Padahal, rencananya, pengumuman penetapan tersangka akan dilakukan KPK pada pekan ini.
"Kalau sudah ditetapkan sebagai pasangan calon menghadapi pilkada serentak, kami dari penyelengara minta ditunda dululah," ujar Wiranto di Kantor Kemenko Polhukam, Jakarta, Senin (12/3/2018).
Baca juga : KPK Usul Pemerintah Terbitkan Perppu untuk Ganti Peserta Pilkada yang Jadi Tersangka
Menurut pemerintah, penetapan pasangan calon kepala daerah sebagai tersangka justru akan berpengaruh kepada pelaksanaan pilkada. Hal itu juga bisa dinilai masuk ke ranah politik.
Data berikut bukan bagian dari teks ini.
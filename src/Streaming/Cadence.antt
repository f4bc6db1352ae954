-- ===== src/Streaming/Cadence.antt =====
-- How many sets a second a stream must keep up with.
use podbay_camera_firmware.Prelude.{
  ℕ, ◌+◌, ◌-◌, ◌*◌, ◌/◌, max, ◌==◌, ◌≤◌, ◌<◌, ◌≡◌, Bool-cases, inl, inr, List, [], ◌∷◌, length, ltb,
  leb, clamp, arith, if◌then◌else◌, Result, ok, err, cadence_missed,
}
use native.Mathlib.Nat.{div-add-mod, mod-lt}
use podbay_camera_firmware.Config.{fine_frame_length}
use podbay_camera_firmware.Exposure.{unpack}

-- MIN_RAW_ROI_SETS_PER_SECOND
abbrev pub min_sets_per_second : ℕ
min_sets_per_second = 10

-- MIN_LONG_EXPOSURE_RAW_ROI_SETS_PER_SECOND
abbrev pub min_long_exposure_sets_per_second : ℕ
min_long_exposure_sets_per_second = 2

unfoldable pub cadence_frame_length : ℕ → ℕ
cadence_frame_length word = max (unpack word).frame_length fine_frame_length

-- `(10 * 700).div_ceil(frame_length).clamp(2, 10)`
unfoldable pub required_sets : ℕ → ℕ
required_sets frame_length =
    clamp min_long_exposure_sets_per_second min_sets_per_second
      ((min_sets_per_second * fine_frame_length + (frame_length - 1)) / frame_length)

-- `while completed_sets.len() > window { pop_front }`
unfoldable pub trim : ℕ → List ℕ → List ℕ
trim window [] = []
trim window (x ∷ xs) =
    let rest = trim window xs in if leb (length (x ∷ xs)) window then x ∷ xs else rest

abbrev pub nanoseconds_per_second : ℕ
nanoseconds_per_second = 1_000_000_000

abbrev pub span_of : List ℕ → ℕ → ℕ
span_of [] completed = 0
span_of (first ∷ rest) completed = completed - first

-- The test of the last intervals, once there are enough of them.
unfoldable pub check_cadence : ℕ → List ℕ → ℕ → Result (Unit {0})
check_cadence required sets completed =
    let span = span_of sets completed in
    if length sets == required + 1
    then (if ltb nanoseconds_per_second span then err (cadence_missed required span) else ok tt)
    else ok tt

ceiling : (n d : ℕ) → 0 < d → (n ≤ (n + (d - 1)) / d * d) × ((n + (d - 1)) / d * d < n + d)
ceiling n d positive =
    let whole = div-add-mod (n + (d - 1)) d in
    let rest = mod-lt (n + (d - 1)) positive in
    (omega (arith, whole, rest), omega (arith, whole, rest))

scaled : (a b d : ℕ) → a ≤ b → a * d ≤ b * d
scaled a b d h = grind arith

few_sets : (q d : ℕ) → 700 ≤ d → q * d < 7000 + d → q ≤ 10
few_sets q d long below = elim (Bool-cases (leb q 10)) [
  | inl few ↦ ground arith
  | inr many ↦ let product = scaled 11 q d (ground arith) in absurd (omega arith)
]

some_sets : (q d : ℕ) → d ≤ 3500 → 7000 ≤ q * d → 2 ≤ q
some_sets q d short above = elim (Bool-cases (leb 2 q)) [
  | inl some_ ↦ ground arith
  | inr few ↦ let product = scaled q 1 d (ground arith) in absurd (omega arith)
]

required_exact :
    (d : ℕ) → 700 ≤ d → d ≤ 3500 → (7000 ≤ required_sets d * d) × (required_sets d * d < 7000 + d)
unfolding required_sets
required_exact d long short =
    let (above, below) = ceiling 7000 d (omega arith) in
    let few = few_sets ((7000 + (d - 1)) / d) d long below in
    let some_ = some_sets ((7000 + (d - 1)) / d) d short above in
    let same : clamp 2 10 ((7000 + (d - 1)) / d) ≡ (7000 + (d - 1)) / d =
      omega (arith, few, some_) in
    rw same (above, below)

-- The requirement is between two and ten sets a second. Where the frames are neither shorter than the
-- fine one nor longer than five of them, it is the number of exposures of that length that take
-- as many lines as ten fine frames, rounded up.
pub required_sets_bounds :
    (word : ℕ)
    → (2 ≤ required_sets (cadence_frame_length word))
      × (required_sets (cadence_frame_length word) ≤ 10)
      × (cadence_frame_length word ≤ 3500
          → (7000 ≤ required_sets (cadence_frame_length word) * cadence_frame_length word)
            × (required_sets (cadence_frame_length word) * cadence_frame_length word
                < 7000 + cadence_frame_length word))
unfolding required_sets cadence_frame_length
required_sets_bounds word =
    let d = max (unpack word).frame_length fine_frame_length in
    let long : 700 ≤ d = omega arith in
    (omega arith, omega arith, λ short. required_exact d long short)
Penetapan tersangka calon kepala daerah oleh KPK juga dinilai akan berpengaruh pada pelaksanaan pencalonannya sebagai perwakilan dari partai politik atau yang mewakili para pemilih.
Menanggapi usulan itu, Saut mengatakan, lebih elegan jika pemerintah menerbitkan aturan dalam bentuk peraturan pemerintah pengganti undang-undang untuk mengganti peserta pilkada yang tersangkut kasus pidana, ketimbang meminta proses hukumnya ditunda.
"Lebih elegan solusinya bila sebaiknya pemerintah membuat perppu pergantian calon terdaftar bila tersangkut pidana, daripada malah menghentikan proses hukum yang memiliki bukti yang cukup, ada peristiwa pidananya," kata Saut lewat pesan singkat, Selasa (13/3/2018).
Saut mengatakan, menunda proses hukum justru berakibat tidak baik untuk angka indeks persepsi korupsi Indonesia.
Ia tidak sependapat jika penetapan tersangka peserta pilkada berpotensi mengganggu penyelenggaraan pesta demokrasi itu. Justru dengan memproses peserta pilkada yang punya persoalan hukum akan membantu rakyat memilih pemimpin yang bersih.